Abstract

The renal handling of cimetidine (pKa = 6.8) was studied in the isolated perfused rat kidney (IPK). Concentrations in the therapeutic range (< 10 micrograms/ml) had little adverse effects on the functional parameters of the IPK, and even a concentration of 250 micrograms/ml still had only minor effects. When initial perfusate concentrations were low (< 2.5 micrograms/ml), the ratio of renal clearance over filtered amount (CLR/GF) was approximately 3, indicating net tubular secretion. CLR/GF decreased at increasing perfusate concentrations, and above 25 micrograms/ml, there was progressive net reabsorption (CLR/GF < 1).
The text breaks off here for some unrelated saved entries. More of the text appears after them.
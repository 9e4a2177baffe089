-- ===== src/Morenos/Scheduler/Passes.antt =====
-- Proof rules for a pass: what holds of the cases of a visit holds of the whole loop.
use radar_software.Prelude.{
  ℕ, ◌≡◌, refl, false, ◌&&◌, List, [], ◌∷◌, inl, inr, Bool-cases, Option-cases, All, Ensures,
}
use radar_software.Double.{Double}
use radar_software.Morenos.Query.{
  QueryType, search_query, confirm, capture, tracking, signal_change, tech_control, drop, Query,
}
use radar_software.Morenos.ScanPair.{ScanPair}
use radar_software.Morenos.Signals.{build_scan_pair}
use radar_software.Morenos.Signals.Choice.{emits}
use radar_software.Morenos.Scheduler.{
  Pass, place_query, scan_case, capture_of, tracking_of, skip, execute, visit, visit_all,
}

module _ (double : Double) (time : ℕ) where
  open double use {D, le}

  -- The pairs that a case places: with what is removed and what follows.
  abbrev pub follow_up : QueryType → Query D → List (Query D)
  follow_up confirm q = capture_of double time q ∷ []
  follow_up capture q = tracking_of double time q ∷ []
  follow_up _ q = []

  abbrev pub removed : QueryType → Query D → List ℕ
  removed confirm q = q.id ∷ []
  removed capture q = q.id ∷ []
  removed _ q = []

  -- An invariant `I` of the pass, at queries with the property `Q`: what has to be shown.
  pub record Rule (I : Pass double → Type 0) (Q : Query D → Type 0) : Type 0 where
    pub skips : (pass : Pass double) (q : Query D) → Q q → I pass → I (skip double pass q)
    pub places :
        (pass : Pass double) (q : Query D) (scan_pair : ScanPair) (type : QueryType)
        → Q q
        → q.type ≡ type
        → I pass
        → I (place_query double time pass q scan_pair (removed type q) (follow_up type q))
    pub executes :
        (pass : Pass double) (q : Query D) (type : QueryType)
        → Q q
        → emits type ≡ false
        → I pass
        → Ensures (execute double time pass q type) I

  module _ (I : Pass double → Type 0) (Q : Query D → Type 0) (rule : Rule I Q) where
    scan_case_inv :
        (pass : Pass double) (q : Query D) (type : QueryType)
        → Q q
        → q.type ≡ type
        → I pass
        → Ensures (scan_case double time pass q (removed type q) (follow_up type q)) I
    unfolding scan_case
    scan_case_inv pass q type hq e i =
        elim (Option-cases (build_scan_pair double q.range q.rcs q.type)) [
          | inl failed ↦ rw (failed, scan_case) tt
          | inr (scan_pair, built) ↦
              rw (built, scan_case) (rule.places pass q scan_pair type hq e i)
        ]

    execute_inv :
        (pass : Pass double) (q : Query D) (type : QueryType)
        → Q q
        → q.type ≡ type
        → I pass
        → Ensures (execute double time pass q type) I
    unfolding execute
    execute_inv pass q search_query hq e i = scan_case_inv pass q search_query hq e i
    execute_inv pass q confirm hq e i = scan_case_inv pass q confirm hq e i
    execute_inv pass q capture hq e i = scan_case_inv pass q capture hq e i
    execute_inv pass q tracking hq e i = scan_case_inv pass q tracking hq e i
    execute_inv pass q signal_change hq e i = rule.executes pass q signal_change hq refl i
    execute_inv pass q tech_control hq e i = rule.executes pass q tech_control hq refl i
    execute_inv pass q drop hq e i = rule.executes pass q drop hq refl i

    visit_inv :
        (pass : Pass double) (q : Query D) → Q q → I pass → Ensures (visit double time pass q) I
    unfolding visit
    visit_inv pass q hq i = elim (Bool-cases (q.active && le q.p_threshold q.p_value)) [
      | inl e ↦ rw (e, visit) (execute_inv pass q q.type hq refl i)
      | inr e ↦ rw (e, visit) (rule.skips pass q hq i)
    ]

    pub visit_all_inv :
        (pass : Pass double) (queries : List (Query D))
        → All Q queries
        → I pass
        → Ensures (visit_all double time pass queries) I
    unfolding visit_all
    visit_all_inv pass [] hq i = i
    visit_all_inv pass (q ∷ queries) hq i = elim (Option-cases (visit double time pass q)) [
      | inl e ↦ rw (e, visit_all) tt
      | inr (pass', e) ↦
          rw (e, visit_all) (visit_all_inv pass' queries hq.1 (rw e at (visit_inv pass q hq.0 i)))
    ]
CLR/GF was highly dependent on variations in urine flow and pH, which is indicative of substantial tubular reabsorption by nonionic diffusion. A kinetic model was used to describe the renal handling of cimetidine. This model incorporates the variables influencing the clearance of cimetidine, like urine flow, glomerular filtration rate, and urine pH. Cimetidine was subject to active tubular secretion following Michaelis-Menten kinetics and passive tubular reabsorption of the unionized fraction. The constant for reabsorption was 197 +/- 40 microliters/min, the Michaelis-Menten constant for tubular secretion was 0.2 +/- 0.1 microgram/ml, and the maximum transport capacity was 1.3 +/- 0.3 microgram/min. Cimetidine did not accumulate in IPK, with kidney to perfusate ratios of approximately 2. In conclusion, the renal handling of cimetidine in the IPK is concentration-dependent and is determined by glomerular filtration, active tubular secretion, and a substantial flow- and pH-dependent passive reabsorption.